• _Assignment_:
Every line with the string "asked" in it belongs in your answer, so copy them all from the data.

═════ Extracted data ═════

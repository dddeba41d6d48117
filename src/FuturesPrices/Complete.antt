-- ===== src/FuturesPrices/Complete.antt =====
-- What `RESTClient::getHistoricalPrices` of src/mexc_futures_rest_client.cpp returns from a server
-- that answers each page with the newest candles of the range.
use mexc_cpp_api.Base.{
  ℕ, zero, suc, ◌+◌, ◌≤◌, ◌≡◌, refl, sym, ap, ◌∙◌, inl, inr, true, false, List, [], ◌∷◌, ◌++◌,
  Option, some, Outcome, ok, drop_last, All, length, length-append, arith, append_assoc, append-nil,
  Bool-cases, ltb, lt→ltb, subst,
}
use mexc_cpp_api.Base.Int.{ℤ, pos, quot, pos_part, neg_part, ◌-ℤ◌, ltb_ℤ, ◌≤ℤ◌, ◌<ℤ◌, int_laws}
use mexc_cpp_api.FuturesPrices.{write, without_newest, pages, get_historical_prices}

append-eq-nil {ℓ} : {A : Type ℓ} (xs ys : List A) → xs ++ ys ≡ [] → xs ≡ []
append-eq-nil [] ys e = refl
append-eq-nil (x ∷ xs) ys e = cc

module _ {C : Type 0} (open_time : C → ℤ) where
  -- The time of a candle in whole seconds.
  abbrev pub seconds : C → ℤ
  seconds c = quot (open_time c) 1000

  abbrev pub Gap : C → C → Type 0
  Gap c d =
      pos_part (seconds c) + neg_part (seconds d) + 2 ≤ pos_part (seconds d) + neg_part (seconds c)

  -- At least two seconds lie between a candle and each later one.
  abbrev pub Spaced : List C → Type 0
  Spaced [] = Unit
  Spaced (c ∷ cs) = All (Gap c) cs × Spaced cs

  Spaced-append :
      (rest : List C) (c : C) (cs : List C)
      → Spaced (rest ++ (c ∷ cs))
      → All (λ d. Gap d c) rest × Spaced (c ∷ cs)
  Spaced-append [] c cs s = (tt, s)
  Spaced-append (d ∷ rest) c cs s =
      let (before, after) = Spaced-append rest c cs s.1 in ((All-head rest c cs s.0, before), after)
    where
      All-head : (rest : List C) (c : C) (cs : List C) → All (Gap d) (rest ++ (c ∷ cs)) → Gap d c
      All-head [] c cs a = a.0
      All-head (e ∷ rest) c cs a = All-head rest c cs a.1

  All-left : (P : C → Type 0) (xs ys : List C) → All P (xs ++ ys) → All P xs
  All-left P [] ys a = tt
  All-left P (x ∷ xs) ys a = (a.0, All-left P xs ys a.1)

  -- The end of the next page, one second before the oldest candle.
  abbrev next_end : C → ℤ
  next_end c = quot (open_time c) 1000 -ℤ pos 1

  next_end-older :
      (c : C) (rest : List C) → All (λ d. Gap d c) rest → All (λ d. seconds d ≤ℤ next_end c) rest
  next_end-older c [] a = tt
  next_end-older c (d ∷ rest) a = (omega int_laws, next_end-older c rest a.1)

  next_end-newer :
      (c : C) (cs : List C) → Spaced (c ∷ cs) → All (λ d. next_end c <ℤ seconds d) (c ∷ cs)
  next_end-newer c cs s = (omega int_laws, later cs s.0)
    where
      later : (cs : List C) → All (Gap c) cs → All (λ d. next_end c <ℤ seconds d) cs
      later [] a = tt
      later (d ∷ ds) a = (omega int_laws, later ds a.1)

  -- Where the next page would begin at `start_time` or before it, nothing is left to fetch.
  nothing_left :
      (start_time : ℤ) (c : C) (rest : List C)
      → All (λ d. Gap d c) rest
      → All (λ d. start_time ≤ℤ seconds d) rest
      → ltb_ℤ start_time (next_end c) ≡ false
      → rest ≡ []
  nothing_left start_time c [] g r h = refl
  nothing_left start_time c (d ∷ rest) g r h = absurd (omega (int_laws, not_ltb _ _ h))
    where
      not_ltb : (a b : ℕ) → ltb a b ≡ false → b ≤ a
      not_ltb a b e = ground arith

  -- All candles that the server has in a range from `start_time` on are `held`. For every end of
  -- the range it sends the newest of those up to that end, in order, and none only if there is none.
  pub record Serves {W : Type 0} (start_time : ℤ) (held : List C)
      (fetch : ℤ → ℤ → W → Outcome (List C) × W) : Type 0 where
    pub answers :
        (end_time : ℤ) (older newer : List C) (w : W)
        → older ++ newer ≡ held
        → All (λ c. seconds c ≤ℤ end_time) older
        → All (λ c. end_time <ℤ seconds c) newer
        → (rest page : List C) × (w' : W) × (rest ++ page ≡ older)
          × (fetch start_time end_time w ≡ (ok page, w'))
          × (page ≡ [] → older ≡ [])

  module _ {W : Type 0} (start_time : ℤ) (held : List C) (fetch : ℤ → ℤ → W → Outcome (List C) × W)
      (writer : Option (List C → W → W)) (serves : Serves start_time held fetch)
      (spaced : Spaced held) (in_range : All (λ c. start_time ≤ℤ seconds c) held) where
    pages-last :
        (fuel : ℕ) (c : C) (cs newer : List C) (w : W)
        → ltb_ℤ start_time (next_end c) ≡ false
        → pages open_time fetch writer (suc fuel) start_time newer (c ∷ cs) w
          ≡ some (ok ((c ∷ cs) ++ newer), write writer (c ∷ cs) w)
    unfolding pages
    pages-last fuel c cs newer w h = rw (h, pages)

    pages-more :
        (fuel : ℕ) (c : C) (cs newer page : List C) (w w' : W)
        → ltb_ℤ start_time (next_end c) ≡ true
        → fetch start_time (next_end c) (write writer (c ∷ cs) w) ≡ (ok page, w')
        → pages open_time fetch writer (suc fuel) start_time newer (c ∷ cs) w
          ≡ pages open_time fetch writer fuel start_time ((c ∷ cs) ++ newer) page w'
    unfolding pages
    pages-more fuel c cs newer page w w' h e = rw (h, pages) (rw e)

    pages_complete :
        (fuel : ℕ) (rest page newer : List C) (w : W)
        → rest ++ (page ++ newer) ≡ held
        → (page ≡ [] → rest ≡ [])
        → length rest + length page ≤ fuel
        → (w' : W) × (pages open_time fetch writer fuel start_time newer page w
            ≡ some (ok held, w'))
    unfolding pages
    pages_complete fuel rest [] newer w e h f =
        (w, ap (λ r. some (ok r, w)) (ap (λ r. r ++ newer) (sym (h refl)) ∙ e))
    pages_complete zero rest (c ∷ cs) newer w e h f = absurd (omega arith)
    pages_complete (suc fuel) rest (c ∷ cs) newer w e h f =
        let (gaps, tail) = Spaced-append rest c (cs ++ newer) (subst Spaced (sym e) spaced) in
        let ranged =
          All-left (λ d. start_time ≤ℤ seconds d) rest ((c ∷ cs) ++ newer)
            (subst (All (λ d. start_time ≤ℤ seconds d)) (sym e) in_range) in
        let w₁ = write writer (c ∷ cs) w in
        elim (Bool-cases (ltb_ℤ start_time (next_end c))) [
          | inl more ↦
              let (rest', page', w₂, split, fetched, empty) =
                serves.answers (next_end c) rest ((c ∷ cs) ++ newer) w₁ e
                  (next_end-older c rest gaps) (next_end-newer c (cs ++ newer) tail) in
              let (w₃, done) =
                pages_complete fuel rest' page' ((c ∷ cs) ++ newer) w₂
                  (sym (append_assoc rest' page' ((c ∷ cs) ++ newer))
                    ∙ ap (λ r. r ++ ((c ∷ cs) ++ newer)) split
                    ∙ e)
                  (λ nil. append-eq-nil rest' page' (split ∙ empty nil))
                  (omega (arith, ap length split, length-append rest' page')) in
              (w₃, pages-more fuel c cs newer page' w w₂ more fetched ∙ done)
          | inr last ↦ (
            w₁,
            pages-last fuel c cs newer w last
                ∙ ap (λ r. some (ok r, w₁))
                    (ap (λ r. r ++ ((c ∷ cs) ++ newer))
                        (sym (nothing_left start_time c rest gaps ranged last))
                      ∙ e),
          )
        ]

    first_page :
        (fuel : ℕ) (end_time : ℤ) (page : List C) (w w' : W)
        → ltb_ℤ start_time end_time ≡ true
        → fetch start_time end_time w ≡ (ok page, w')
        → get_historical_prices open_time fetch writer fuel start_time end_time w
          ≡ without_newest (pages open_time fetch writer fuel start_time [] page w')
    unfolding get_historical_prices
    first_page fuel end_time page w w' h e = rw (h, get_historical_prices) (rw e)

    -- If the range is not empty, the server serves it and the candles lie two seconds apart, then with
    -- as much fuel as there are candles the download ends, and returns all the candles of
    -- the range, in order, but the newest.
    pub get_historical_prices_complete :
        (fuel : ℕ) (end_time : ℤ) (w : W)
        → length held ≤ fuel
        → start_time <ℤ end_time
        → All (λ c. seconds c ≤ℤ end_time) held
        → (w' : W) × (get_historical_prices open_time fetch writer fuel start_time end_time w
            ≡ some (ok (drop_last held), w'))
    get_historical_prices_complete fuel end_time w f h before =
        let (rest, page, w₁, split, fetched, empty) =
          serves.answers end_time held [] w (append-nil held) before tt in
        let (w₂, done) =
          pages_complete fuel rest page [] w₁ (ap (◌++◌ rest) (append-nil page) ∙ split)
            (λ nil. append-eq-nil rest page (split ∙ empty nil))
            (omega (arith, ap length split, length-append rest page)) in
        (w₂, first_page fuel end_time page w w₁ (lt→ltb _ _ h) fetched ∙ ap without_newest done)
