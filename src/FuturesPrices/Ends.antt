-- ===== src/FuturesPrices/Ends.antt =====
-- When `RESTClient::getHistoricalPrices` of src/mexc_futures_rest_client.cpp comes to an end, whatever
-- candles the server sends.
use mexc_cpp_api.Base.{
  ℕ, zero, suc, ◌+◌, ◌≤◌, ◌≡◌, refl, inl, inr, List, [], ◌∷◌, ◌++◌, Option, none, some, Outcome, ok,
  throw, fault, arith, Bool-cases, ltb→lt,
}
use mexc_cpp_api.Base.Int.{ℤ, pos, quot, pos_part, neg_part, ◌-ℤ◌, ltb_ℤ, ◌≤ℤ◌, ◌<ℤ◌, int_laws}
use mexc_cpp_api.FuturesPrices.{with_page, write, without_newest, pages, get_historical_prices}

module _ {W C : Type 0} (open_time : C → ℤ) (fetch : ℤ → ℤ → W → Outcome (List C) × W)
    (writer : Option (List C → W → W)) where
  -- A page either is empty or begins with a candle that is no later than the end that was asked for.
  abbrev pub InTime : ℤ → List C → Type 0
  InTime end_time [] = Unit
  InTime end_time (c ∷ cs) = quot (open_time c) 1000 ≤ℤ end_time

  abbrev pub PageInTime : ℤ → Outcome (List C) × W → Type 0
  PageInTime end_time (ok candles, w) = InTime end_time candles
  PageInTime end_time (throw e, w) = Unit
  PageInTime end_time (fault, w) = Unit

  abbrev Ended : Option (Outcome (List C) × W) → Type 0
  Ended r = (o : Outcome (List C) × W) × (r ≡ some o)

  -- The seconds from `start_time` up to `end_time` are fewer than `n`.
  abbrev Within : ℕ → ℤ → ℤ → Type 0
  Within n start_time end_time =
      pos_part end_time + neg_part start_time ≤ n + pos_part start_time + neg_part end_time

  with_page-Ended :
      (end_time : ℤ) (o : Outcome (List C) × W) (k : List C → W → Option (Outcome (List C) × W))
      → PageInTime end_time o
      → ((page : List C) (w : W) → InTime end_time page → Ended (k page w))
      → Ended (with_page o k)
  with_page-Ended end_time (ok page, w) k t h = h page w t
  with_page-Ended end_time (throw e, w) k t h = ((throw e, w), refl)
  with_page-Ended end_time (fault, w) k t h = ((fault, w), refl)

  without_newest-Ended : (r : Option (Outcome (List C) × W)) → Ended r → Ended (without_newest r)
  without_newest-Ended none (o, e) = cc
  without_newest-Ended (some (ok page, w)) e = (_, refl)
  without_newest-Ended (some (throw x, w)) e = (_, refl)
  without_newest-Ended (some (fault, w)) e = (_, refl)

  module _ (start_time : ℤ)
      (in_time : (end_time : ℤ) (w : W) → PageInTime end_time (fetch start_time end_time w)) where
    pages_end :
        (fuel : ℕ) (end_time : ℤ) (ret_val page : List C) (w : W)
        → start_time <ℤ end_time
        → InTime end_time page
        → Within fuel start_time end_time
        → Ended (pages open_time fetch writer fuel start_time ret_val page w)
    unfolding pages
    pages_end fuel end_time ret_val [] w h t f = (_, refl)
    pages_end zero end_time ret_val (c ∷ cs) w h t f = absurd (omega arith)
    pages_end (suc fuel) end_time ret_val (c ∷ cs) w h t f =
        let next : ℤ = quot (open_time c) 1000 -ℤ pos 1 in
        elim (Bool-cases (ltb_ℤ start_time next)) [
          | inl more ↦
              rw (more, pages)
                (with_page-Ended next _ _ (in_time next (write writer (c ∷ cs) w)) λ page w' t'.
                  pages_end fuel next ((c ∷ cs) ++ ret_val) page w' (ltb→lt _ _ more) t'
                    (omega int_laws))
          | inr last ↦ rw (last, pages) (_, refl)
        ]

    -- If no page begins with a candle later than the end that was asked for, the download ends within
    -- as many rounds as there are seconds in the range, whatever else the server sends.
    pub get_historical_prices_ends :
        (fuel : ℕ) (end_time : ℤ) (w : W)
        → pos_part end_time + neg_part start_time ≤ fuel + pos_part start_time + neg_part end_time
        → (o : Outcome (List C) × W) × (get_historical_prices open_time fetch writer fuel start_time
              end_time w
            ≡ some o)
    unfolding get_historical_prices
    get_historical_prices_ends fuel end_time w f = elim (Bool-cases (ltb_ℤ start_time end_time)) [
      | inl range ↦
          rw (range, get_historical_prices)
            (without_newest-Ended _ (
              with_page-Ended end_time _ _ (in_time end_time w)
                λ page w' t. pages_end fuel end_time [] page w' (ltb→lt _ _ range) t f))
      | inr none' ↦ rw (none', get_historical_prices) (_, refl)
    ]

═════

• _Result below_:
  -- A page either is empty or begins with a candle that is no later than the end that was asked for.
    -- If no page begins with a candle later than the end that was asked for, the download ends within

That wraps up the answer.